Friday, November 2, 2007

Blackout?

I did a quick poll of the my fellow workers in the office, and a few of them are going to participate in the National Blackout that's going on today. My online buddies have already admitted to not being compliant.

Which makes the whole thing pointless.

I've gotten a little tired of the historical black leaders, the theoretical president and vice-president of Black people - Jesse and Rev. Al - who fifty years later still want to march and boycott to show strength. They worked then. In specific instances and under specific circumstances they were very effective in showing the power and solidarity of a people disrespected. But just as we set the tools of the that day and age aside in lieu of new tools, so we must do the same with these.

Should we never boycott or march again? Sometimes the old tool is the best tool for the job, so there will come a time when they are most appropriate. This is not that time.

Current estimates set the spending power of the target group at 2 to 3 billion per day. Real money to those whose minds are consumed with small thoughts. To put it in perspective, the US government lost 9 billion dollars in Iraq last year, lost as in "we don't know who we gave it to - we don't know where it is now. That was 9 billion in CASH. Not credits or monies paid toward or contracts promised... billions of actual paper dollars. And nobody's that concerned.

Last year Walmart had billion dollar sales on SINGLE days.
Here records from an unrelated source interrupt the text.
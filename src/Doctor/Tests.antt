-- ===== src/Doctor/Tests.antt =====
-- internal/doctor/doctor.go at a concrete system: an agent of an ordinary user.
use aegis_edr.Prelude.{◌≡◌, pos, true, none, some}
use aegis_edr.Sigma
use aegis_edr.Sigma.Tests.{spawning}
use aegis_edr.Doctor.{System, loaded, run, status_warn}
use aegis_edr.Doctor.Verdict.{run_verdict}

abbrev laptop : System
laptop = record {
  now = 7;
  has_logger = true;
  config = loaded true "telemetry.db";
  open_error = λ _. none;
  ping_error = λ _. none;
  yara_error = none;
  scan_error = none;
  unmarshal = λ _. some spawning;
  unmarshal_error = λ _. "";
  uid = pos 1000;
  write_error = none;
  allocated = "1.00";
  sys = "2.00";
  is_online = true;
}

run_verdict_example : (run laptop).overall ≡ status_warn
unfolding Sigma.add_rule
run_verdict_example = run_verdict laptop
A famous congressional anecdote goes that, "a few billion here, a few billion there, and pretty soon you're talking about real money" when discussing funding of bills and projects.
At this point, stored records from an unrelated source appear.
-- ===== src/Forensics/Collector.antt =====
-- internal/forensics/collector.go: a package of evidence, its archive and its report. JSON, SHA-256, the
-- files and the printing of times are parameters.
mod Archive
mod Tests
use aegis_edr.Prelude.{
  ℕ, ◌+◌, ◌-◌, ℤ, pos, String, Option, none, some, List, [], ◌∷◌, Bool, true, false, if◌then◌else◌,
  ◌^^◌, show_nat, length, ◌*◌,
}
use aegis_edr.Forensics.{TimelineEvent, Queries, build_timeline}

pub record ProcessArtifact : Type 0 where
  pub pid : ℤ
  pub name : String
  pub path : String
  pub command_line : String

pub record ModuleArtifact : Type 0 where
  pub process_pid : ℤ
  pub module_name : String
  pub module_path : String

pub record ServiceArtifact : Type 0 where
  pub name : String
  pub status : String
  pub type : String

pub record DriverArtifact : Type 0 where
  pub name : String
  pub path : String

pub record NetworkArtifact : Type 0 where
  pub protocol : String
  pub local : String
  pub remote : String
  pub state : String

pub record StartupArtifact : Type 0 where
  pub name : String
  pub path : String

pub record EventLogArtifact : Type 0 where
  pub provider : String
  pub event_id : ℤ
  pub timestamp : ℕ
  pub message : String

pub record RegistryArtifact : Type 0 where
  pub key_path : String
  pub value : String

pub record EvidencePackage : Type 0 where
  pub timestamp : ℕ
  pub processes : List ProcessArtifact
  pub modules : List ModuleArtifact
  pub services : List ServiceArtifact
  pub drivers : List DriverArtifact
  pub network : List NetworkArtifact
  pub startup : List StartupArtifact
  pub event_logs : List EventLogArtifact
  pub registry : List RegistryArtifact
  pub timeline : List TimelineEvent
  pub package_hash : String

-- Five minutes in nanoseconds.
abbrev five_minutes : ℕ
five_minutes = 5 * 60 * 1000000000

-- CollectEvidence, whose error is always nil: all but the timeline is fixed. `now` is later than
-- five minutes after the zero time, and the builder can be nil.
unfoldable pub collect_evidence :
    {Db : Type 0} → Queries Db → Option Db → ℕ → ℕ → ℕ → EvidencePackage
collect_evidence {Db} queries builder now start end = record {
  timestamp = now;
  processes =
      record {
        pid = pos 100;
        name = "systemd";
        path = "/usr/lib/systemd/systemd";
        command_line = "--system";
      }
      ∷ record {
        pid = pos 456;
        name = "aegisd";
        path = "/usr/local/bin/aegisd";
        command_line = "--config /etc/aegis.yaml";
      }
      ∷ [];
  modules =
      record { process_pid = pos 456; module_name = "libc.so"; module_path = "/usr/lib/libc.so" }
      ∷ [];
  services = record { name = "aegis"; status = "running"; type = "systemd" } ∷ [];
  drivers = record { name = "ext4"; path = "kernel" } ∷ [];
  network =
      record { protocol = "tcp"; local = "127.0.0.1:50051"; remote = "0.0.0.0:0"; state = "listen" }
      ∷ [];
  startup = record { name = "aegis-boot"; path = "/etc/init.d/aegis" } ∷ [];
  event_logs =
      record {
        provider = "systemd";
        event_id = pos 1;
        timestamp = now - five_minutes;
        message = "Started Aegis EDR Daemon";
      }
      ∷ [];
  registry =
      record {
        key_path = "HKLM\\Software\\Microsoft\\Windows\\CurrentVersion\\Run";
        value = "aegis";
      }
      ∷ [];
  timeline = events_of builder;
  package_hash = "";
}
  where
    events_of : Option Db → List TimelineEvent
    events_of none = []
    events_of (some db) = build_timeline queries db start end

-- `encoding/json`, `crypto/sha256` in hexadecimal, and os.WriteFile, whose false is an error.
pub record Outside (Files : Type 0) : Type 0 where
  pub marshal : EvidencePackage → Option String
  pub sha256_hex : String → String
  pub write_file : Files → String → String → Files × Bool
  pub rfc3339 : ℕ → String

module _ {Files : Type 0} (outside : Outside Files) where
  open outside use {marshal, sha256_hex, write_file, rfc3339}

  -- The second write puts the hash into the archive; its error is dropped.
  rewrite_archive : EvidencePackage → Files → String → Files
  rewrite_archive pkg files path = elim (marshal pkg) [
    | none ↦ files
    | some data_ ↦ (write_file files path data_).0
  ]

  -- PackageEvidence: the package, the files, and the hash; none is an error.
  pub package_evidence : EvidencePackage → Files → String → EvidencePackage × Files × Option String
  package_evidence pkg files path = elim (marshal pkg) [
    | none ↦ (pkg, files, none)
    | some data_ ↦
        let (files', ok) = write_file files path data_ in
        let hashed = record pkg { package_hash = sha256_hex data_ } in
        if ok
        then (hashed, rewrite_archive hashed files' path, some (sha256_hex data_))
        else (pkg, files', none)
  ]

  count_line : String → ℕ → String
  count_line label n = "  - " ^^ label ^^ ": " ^^ show_nat n ^^ " captured\n"

  event_lines : ℕ → List TimelineEvent → String
  event_lines i [] = ""
  event_lines i (ev ∷ events) =
      "  ["
      ^^ show_nat (i + 1)
      ^^ "] ["
      ^^ rfc3339 ev.timestamp
      ^^ "] ["
      ^^ ev.category
      ^^ "] "
      ^^ ev.description
      ^^ "\n"
      ^^ event_lines (i + 1) events

  -- The text of GenerateForensicReport.
  pub forensic_report : EvidencePackage → String
  forensic_report pkg =
      "AEGIS DIGITAL FORENSICS ACQUISITION REPORT\n"
      ^^ "=========================================\n"
      ^^ "Acquisition Time: "
      ^^ rfc3339 pkg.timestamp
      ^^ "\n"
      ^^ "Evidence Hash (SHA-256): "
      ^^ pkg.package_hash
      ^^ "\n\n"
      ^^ "SYSTEM SUMMARY:\n"
      ^^ count_line "Processes" (length pkg.processes)
      ^^ count_line "Modules  " (length pkg.modules)
      ^^ count_line "Services " (length pkg.services)
      ^^ count_line "Drivers  " (length pkg.drivers)
      ^^ count_line "Network  " (length pkg.network)
      ^^ count_line "Startup  " (length pkg.startup)
      ^^ count_line "EventLogs" (length pkg.event_logs)
      ^^ count_line "Registry " (length pkg.registry)
      ^^ count_line "Timeline " (length pkg.timeline)
      ^^ "\n"
      ^^ "TIMELINE EVENTS REPORT:\n"
      ^^ event_lines 0 pkg.timeline

  pub generate_forensic_report : EvidencePackage → Files → String → Files × Bool
  generate_forensic_report pkg files path = write_file files path (forensic_report pkg)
The amount we're talking is a drop in the bucket. To small minds a billion or two is ridiculous money. To the people whose minds we hope to change, it is pocket money. The stakes have changed, and the rules of the game must change with with it. The people with purpose must wrap their minds that the world has change. They dream of being Martin and leading the people, but even brother Martin would realize that those things that once worked so well need to put aside for other times.

And let's not get started on the modern March, which we turn into throwback road-trips and excuses to miss work. I listened to students boarding the bus for Jena with hardly a clue as to why they were traveling.
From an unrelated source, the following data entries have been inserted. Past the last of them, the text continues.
-- ===== src/Forensics/Collector/Archive.antt =====
-- internal/forensics/collector.go: what the hash of an archive is the hash of.
use aegis_edr.Prelude.{
  String, Option, none, some, true, false, ◌≡◌, ◌≢◌, ◌⊎◌, inl, inr, refl, ap, subst, sym, ◌∙◌,
  arith, Bool-cases, Option-cases,
}
use aegis_edr.Forensics.Collector.{EvidencePackage, Outside, package_evidence, rewrite_archive}

module _ {Files : Type 0} (outside : Outside Files) (read : Files → String → Option String) where
  open outside use {marshal, sha256_hex, write_file}

  -- The archive as the second write leaves it: another text than the one with the hash.
  abbrev pub Rewritten : EvidencePackage → Files → String → String → Files → Type 0
  Rewritten hashed files path before files' =
      ((marshal hashed ≡ none) × (read files' path ≡ some before))
      ⊎ ((after : String) × (marshal hashed ≡ some after)
          × (after ≢ before)
          × (((write_file files path after).1 ≡ false) ⊎ (read files' path ≡ some after)))

  -- Either there is no hash and the package is as it was, because it has no text or its text cannot
  -- be written; or the hash is that of the text before the hash was put in.
  abbrev pub Outcome :
      EvidencePackage → Files → String → EvidencePackage × Files × Option String → Type 0
  Outcome pkg files path (pkg', files', answer) =
      ((answer ≡ none)
        × (pkg' ≡ pkg)
        × ((marshal pkg ≡ none)
            ⊎ ((before : String) × (marshal pkg ≡ some before)
                × ((write_file files path before).1 ≡ false))))
      ⊎ ((before : String) × (marshal pkg ≡ some before)
          × (answer ≡ some (sha256_hex before))
          × (pkg'.package_hash ≡ sha256_hex before)
          × Rewritten pkg' (write_file files path before).0 path before files')

  -- Where a write that succeeds is read back, JSON shows the package's hash, a SHA-256 is never blank
  -- and the package has no hash yet: packaging the evidence either gives no hash, because the package
  -- has no text or it cannot be written, and leaves the package as it was. Or it gives the hash of
  -- the package's text without the hash, and puts it into the package; the archive then holds a text
  -- that differs from the one with that hash, unless the package has no text any more, or the second
  -- write fails.
  pub package_evidence_outcome :
      (pkg : EvidencePackage) (files : Files) (path : String)
      → ((files' : Files) (path' content : String)
          → (write_file files' path' content).1 ≡ true
          → read (write_file files' path' content).0 path' ≡ some content)
      → ((p q : EvidencePackage) (text : String)
          → marshal p ≡ some text
          → marshal q ≡ some text
          → p.package_hash ≡ q.package_hash)
      → ((text : String) → sha256_hex text ≢ "")
      → pkg.package_hash ≡ ""
      → Outcome pkg files path (package_evidence outside pkg files path)
  unfolding package_evidence rewrite_archive
  package_evidence_outcome pkg files path reads shows long blank =
      elim (Option-cases (marshal pkg)) [
        | inl textless ↦ rw (package_evidence, textless) (inl (refl, refl, inl refl))
        | inr (before, texted) ↦ elim (Bool-cases (write_file files path before).1) [
          | inr unwritten ↦
              rw (package_evidence, texted, unwritten)
                (inl (refl, refl, inr (before, refl, unwritten)))
          | inl written ↦
              let hashed = record pkg { package_hash = sha256_hex before } in
              let files' = (write_file files path before).0 in
              elim (Option-cases (marshal hashed)) [
                | inl lost ↦
                    reach (hashed, files', some (sha256_hex before))
                      (ground (arith, texted, written, lost))
                      (inr
                        (before, texted, refl, refl, inl (lost, reads files path before written)))
                | inr (after, retexted) ↦
                    let differs : after ≢ before = λ same.
                      long before
                        (shows hashed pkg before (retexted ∙ ap some same) texted ∙ blank) in
                    reach (hashed, (write_file files' path after).0, some (sha256_hex before))
                      (ground (arith, texted, written, retexted))
                      (inr (
                        before,
                        texted,
                        refl,
                        refl,
                        inr (
                          after,
                          retexted,
                          differs,
                          elim (Bool-cases (write_file files' path after).1) [
                            | inl rewritten ↦ inr (reads files' path after rewritten)
                            | inr failed ↦ inl failed
                          ],
                        ),
                      ))
              ]
        ]
      ]
    where
      reach :
          (r : EvidencePackage × Files × Option String)
          → package_evidence outside pkg files path ≡ r
          → Outcome pkg files path r
          → Outcome pkg files path (package_evidence outside pkg files path)
      reach r reached holds = subst (Outcome pkg files path) (sym reached) holds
And since the whole project not a unified effort, it's effectiveness is questionable. Wholly questionable.

In an economy with a large number of people living check to check, stockpiling supplies for a few days really wasn't an option. It's payday Friday for a large number of Americans. Children need things and sales start today. The black American icon Denzel Washington's movie debuts today, and opening day receipts are crucial.

And a number of people enjoy the nightlife. The nightlife at black owned businesses.

Which gets me to the crux of my point. The vast majority of the people joining the protest generally tend to focus their dollars at black owned or black focused businesses already. So those businesses are the ones that will suffer as we cry into the wind.

And what was the point of that?

If we must make a statement, then let's make it. But let's find a new approach, a new language, a new tool to get our point across.

Barkeep - Do you have any ripple?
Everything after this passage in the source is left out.